Data becomes useful when it has meaning and context associated with it. The most common way to bring context to data is by applying metadata (description and documentation of your data) and through supplementary files, such as a data dictionary. Documenting your data is important for sharing your data, in order for other researchers to understand how to access, view, and possibly re-use your data.
Describing and Documenting Your Data:
- Data dictionaries should provide the key information about the data that you will be collecting, and is used to explain what the variable names and values in a dataset really mean. Data dictionaries are most commonly used when working with tabular data or creating a database. The OSF provides a tutorial on how to make a data dictionary for tabular data.
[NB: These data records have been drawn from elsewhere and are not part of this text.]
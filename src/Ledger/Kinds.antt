-- ===== src/Ledger/Kinds.antt =====
-- The kind that a row of `subjects` or `recipients` in src/privacy_hud/ledger.py gives to an identifier, and
-- that the look-up of an identity answers with an identifier of the kind that was asked for.
use codex_privacy_hud.Prelude.{
  ℕ, ◌≤◌, String, true, false, ◌&&◌, Option, none, some, List, [], ◌∷◌, ◌++◌, map, ◌==◌, string_key,
  Comparable, pair_key, ◌≡◌, refl, ap, ◌∙◌, arith, inl, inr, ◌⊎◌, ==→eq, ==_refl, ==_sym_false,
  Bool-cases, if◌then◌else◌, is_some, &&-true,
}
use codex_privacy_hud.Accounting.Records.{OpaqueId, Digest}
use codex_privacy_hud.Ledger.Tables.{IdentityRow}
use codex_privacy_hud.Ledger.Identities.{
  Known, Descriptor, identity_id, settle, add_identity, known_identity, find_identity, is_identity,
  has_hash,
}
use codex_privacy_hud.Ledger.Sessions.{erase}
use codex_privacy_hud.Ledger.Fresh.{Spent, Spent-uuid}

module _ {K : Type 0} where
  unfoldable pub kind_of : OpaqueId → List (IdentityRow K) → Option K
  kind_of id [] = none
  kind_of id (r ∷ rows) =
      let rest = kind_of id rows in if r.identity_id == id then some r.kind else rest

  pub kind_of-append :
      (id : OpaqueId) (rows : List (IdentityRow K)) (r : IdentityRow K) (k : K)
      → kind_of id rows ≡ some k
      → kind_of id (rows ++ r ∷ []) ≡ some k
  unfolding kind_of
  kind_of-append id [] r k h = cc
  kind_of-append id (x ∷ rows) r k h = elim (Bool-cases (x.identity_id == id)) [
    | inl same ↦ rw same (rw same at h)
    | inr other ↦ rw other (kind_of-append id rows r k (rw other at h))
  ]

  pub kind_of-append_new :
      (id : OpaqueId) (rows : List (IdentityRow K)) (r : IdentityRow K)
      → kind_of id rows ≡ none
      → kind_of id (rows ++ r ∷ []) ≡ (if r.identity_id == id then some r.kind else none)
  unfolding kind_of
  kind_of-append_new id [] r h = refl
  kind_of-append_new id (x ∷ rows) r h = elim (Bool-cases (x.identity_id == id)) [
    | inl same ↦ cc (rw same at h)
    | inr other ↦ rw other (kind_of-append_new id rows r (rw other at h))
  ]

  erase-id : (sid : String) (r : IdentityRow K) → (erase sid r).identity_id ≡ r.identity_id
  erase-id sid r = ground arith

  erase-kind : (sid : String) (r : IdentityRow K) → (erase sid r).kind ≡ r.kind
  erase-kind sid r = ground arith

  pub kind_of-erase :
      (id : OpaqueId) (sid : String) (rows : List (IdentityRow K))
      → kind_of id (map (erase sid) rows) ≡ kind_of id rows
  unfolding kind_of
  kind_of-erase id sid [] = refl
  kind_of-erase id sid (r ∷ rows) =
      rw (erase-id sid r, erase-kind sid r, kind_of-erase id sid rows) refl

module _ {K : Type 0} ⦃key : Comparable K⦄ where
  unfoldable pub Coherent : List (IdentityRow K) → Type 0
  Coherent rows =
      (sid : String) (kind : K) (h : Digest) (id : OpaqueId)
      → find_identity sid kind h rows ≡ some id
      → kind_of id rows ≡ some kind

  find_identity-append :
      (sid : String) (kind : K) (h : Digest) (rows : List (IdentityRow K)) (r : IdentityRow K)
      (id : OpaqueId)
      → find_identity sid kind h (rows ++ r ∷ []) ≡ some id
      → (find_identity sid kind h rows ≡ some id)
        ⊎ ((is_identity sid kind h r ≡ true) × (r.identity_id ≡ id))
  unfolding find_identity
  find_identity-append sid kind h [] r id found = elim (Bool-cases (is_identity sid kind h r)) [
    | inl same ↦ let it : some r.identity_id ≡ some id = rw same at found in inr (same, cc)
    | inr other ↦ cc (rw other at found)
  ]
  find_identity-append sid kind h (x ∷ rows) r id found =
      elim (Bool-cases (is_identity sid kind h x)) [
        | inl same ↦ inl (rw same (rw same at found))
        | inr other ↦ rw other (find_identity-append sid kind h rows r id (rw other at found))
      ]

  pub Coherent-append :
      (rows : List (IdentityRow K)) (r : IdentityRow K)
      → kind_of r.identity_id rows ≡ none
      → Coherent rows
      → Coherent (rows ++ r ∷ [])
  unfolding Coherent
  Coherent-append rows r new good sid kind h id found =
      elim (find_identity-append sid kind h rows r id found) [
        | inl old ↦ kind_of-append id rows r kind (good sid kind h id old)
        | inr here ↦
            let both =
              (&&-true (r.session_id == sid && r.kind == kind) (has_hash h r.identity_hash)
                here.0).0 in
            let (ours, kinds) = &&-true (r.session_id == sid) (r.kind == kind) both in
            let one : (r.identity_id == id) ≡ true = rw here.1 (==_refl id) in
            kind_of-append_new id rows r (rw (← here.1) new)
            ∙ rw one (ap some (==→eq r.kind kind kinds))
      ]

  -- Erasing leaves a session with no identity, and the other sessions as they were.
  is_identity-erase_own :
      (name : String) (kind : K) (h : Digest) (r : IdentityRow K)
      → is_identity name kind h (erase name r) ≡ false
  is_identity-erase_own name kind h r = elim (Bool-cases (r.session_id == name)) [
    | inl same ↦ rw same (ground arith)
    | inr other ↦ rw other (rw other refl)
  ]

  is_identity-erase_other :
      (name sid : String) (kind : K) (h : Digest) (r : IdentityRow K)
      → (sid == name) ≡ false
      → is_identity sid kind h (erase name r) ≡ is_identity sid kind h r
  is_identity-erase_other name sid kind h r apart = elim (Bool-cases (r.session_id == name)) [
    | inl same ↦
        let off : (r.session_id == sid) ≡ false =
          rw (==→eq r.session_id name same) (==_sym_false sid name apart) in
        rw (same, off) refl
    | inr other ↦ rw other refl
  ]

  pub find_identity-erase_own :
      (name : String) (kind : K) (h : Digest) (rows : List (IdentityRow K))
      → find_identity name kind h (map (erase name) rows) ≡ none
  unfolding find_identity
  find_identity-erase_own name kind h [] = refl
  find_identity-erase_own name kind h (r ∷ rows) =
      rw (is_identity-erase_own name kind h r, find_identity-erase_own name kind h rows) refl

  find_identity-erase_other :
      (name sid : String) (kind : K) (h : Digest) (rows : List (IdentityRow K))
      → (sid == name) ≡ false
      → find_identity sid kind h (map (erase name) rows) ≡ find_identity sid kind h rows
  unfolding find_identity
  find_identity-erase_other name sid kind h [] apart = refl
  find_identity-erase_other name sid kind h (r ∷ rows) apart =
      rw
        (
          is_identity-erase_other name sid kind h r apart,
          erase-id name r,
          find_identity-erase_other name sid kind h rows apart,
        )
        refl

  pub Coherent-erase :
      (name : String) (rows : List (IdentityRow K))
      → Coherent rows
      → Coherent (map (erase name) rows)
  unfolding Coherent
  Coherent-erase name rows good sid kind h id found = elim (Bool-cases (sid == name)) [
    | inl same ↦ cc (rw (==→eq sid name same, find_identity-erase_own name kind h rows) at found)
    | inr apart ↦
        rw (kind_of-erase id name rows)
          (good sid kind h id (rw (find_identity-erase_other name sid kind h rows apart) at found))
  ]

module _ {K : Type 0} ⦃key : Comparable K⦄ (uuid : ℕ → OpaqueId) where
  -- No row has an identifier that is still to be drawn.
  unfoldable pub Undrawn : ℕ → List (IdentityRow K) → Type 0
  Undrawn drawn rows = (j : ℕ) → drawn ≤ j → kind_of (uuid j) rows ≡ none

  pub Undrawn-later :
      (n m : ℕ) (rows : List (IdentityRow K)) → n ≤ m → Undrawn n rows → Undrawn m rows
  unfolding Undrawn
  Undrawn-later n m rows le h j above = h j (omega (arith, le, above))

  pub Undrawn-erase :
      (name : String) (n : ℕ) (rows : List (IdentityRow K))
      → Undrawn n rows
      → Undrawn n (map (erase name) rows)
  unfolding Undrawn
  Undrawn-erase name n rows h j above = kind_of-erase (uuid j) name rows ∙ h j above

  -- What holds of a table of identities between two look-ups
  pub record Sound (known : Known K) : Type 0 where
    pub coherent : Coherent known.rows
    pub undrawn : Undrawn known.drawn known.rows

  module _ (distinct : (i j : ℕ) → uuid i ≡ uuid j → i ≡ j) where
    add_identity-Sound :
        (sid : String) (oid : OpaqueId) (d : Descriptor K) (known : Known K)
        → Sound known
        → Sound (add_identity sid oid d (uuid known.drawn) known)
    unfolding add_identity Undrawn Spent
    add_identity-Sound sid oid d known good = record {
      coherent =
          Coherent-append known.rows _ (good.undrawn known.drawn (omega arith)) good.coherent;
      undrawn = λ j above.
          kind_of-append_new (uuid j) known.rows _ (good.undrawn j (omega (arith, above)))
          ∙ rw (Spent-uuid uuid distinct known.drawn j above) refl;
    }

    settle-Sound :
        (k : Option OpaqueId) (sid : String) (oid : OpaqueId) (d : Descriptor K) (known : Known K)
        → Sound known
        → Sound (settle k sid oid d (uuid known.drawn) known).0
    unfolding settle
    settle-Sound (some old) sid oid d known good = good
    settle-Sound none sid oid d known good = add_identity-Sound sid oid d known good

    pub identity_id-Sound :
        (sid : String) (oid : OpaqueId) (d : Descriptor K) (known : Known K)
        → Sound known
        → Sound (identity_id uuid sid oid d known).0
    unfolding identity_id
    identity_id-Sound sid oid d known good = settle-Sound _ sid oid d known good

  -- Rows of identities are only added, so a kind that is known stays.
  settle-kept :
      (k : Option OpaqueId) (sid : String) (oid : OpaqueId) (d : Descriptor K) (fresh : OpaqueId)
      (known : Known K) (id : OpaqueId) (kind : K)
      → kind_of id known.rows ≡ some kind
      → kind_of id (settle k sid oid d fresh known).0.rows ≡ some kind
  unfolding settle add_identity
  settle-kept (some old) sid oid d fresh known id kind h = h
  settle-kept none sid oid d fresh known id kind h = kind_of-append id known.rows _ kind h

  pub identity_id-kept :
      (sid : String) (oid : OpaqueId) (d : Descriptor K) (known : Known K) (id : OpaqueId)
      (kind : K)
      → kind_of id known.rows ≡ some kind
      → kind_of id (identity_id uuid sid oid d known).0.rows ≡ some kind
  unfolding identity_id
  identity_id-kept sid oid d known id kind h = settle-kept _ sid oid d _ known id kind h

  -- A resolved descriptor gets an identifier of its kind.
  settle-kind :
      (k : Option OpaqueId) (sid : String) (oid : OpaqueId) (d : Descriptor K) (h : Digest)
      (known : Known K)
      → Sound known
      → find_identity sid d.kind h known.rows ≡ k
      → kind_of
          (settle k sid oid d (uuid known.drawn) known).1
          (settle k sid oid d (uuid known.drawn) known).0.rows
        ≡ some d.kind
  unfolding settle add_identity Coherent Undrawn
  settle-kind (some old) sid oid d h known good found = good.coherent sid d.kind h old found
  settle-kind none sid oid d h known good found =
      kind_of-append_new (uuid known.drawn) known.rows _ (good.undrawn known.drawn (omega arith))
      ∙ rw (==_refl (uuid known.drawn)) refl

  hashed_kind :
      (hash : Option Digest) (sid : String) (oid : OpaqueId) (d : Descriptor K) (known : Known K)
      → Sound known
      → is_some hash ≡ true
      → d.identity_hash ≡ hash
      → kind_of (identity_id uuid sid oid d known).1 (identity_id uuid sid oid d known).0.rows
        ≡ some d.kind
  unfolding identity_id known_identity
  hashed_kind none sid oid d known good resolved e = cc
  hashed_kind (some h) sid oid d known good resolved e =
      settle-kind _ sid oid d h known good (rw e refl)

  pub identity_id-kind :
      (sid : String) (oid : OpaqueId) (d : Descriptor K) (known : Known K)
      → Sound known
      → is_some d.identity_hash ≡ true
      → kind_of (identity_id uuid sid oid d known).1 (identity_id uuid sid oid d known).0.rows
        ≡ some d.kind
  identity_id-kind sid oid d known good resolved = hashed_kind _ sid oid d known good resolved refl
- Example: USDA’s National Agricultural Library
- README files are documents in plain text (.txt) or markdown (.md) format that are often used to describe software packages, programming scripts, and datasets, and can also be used for research projects. It should include information about the creators of the files that it is describing, a list of the files included in the set, relevant funder information, and any associated research outputs, such as articles or presentations. The README should include a citation for the dataset, as well as for any of the byproducts of the research data that was collected and used. For more information about creating a README, see Cornell’s “Guide to Writing ‘README’ Style Metadata.”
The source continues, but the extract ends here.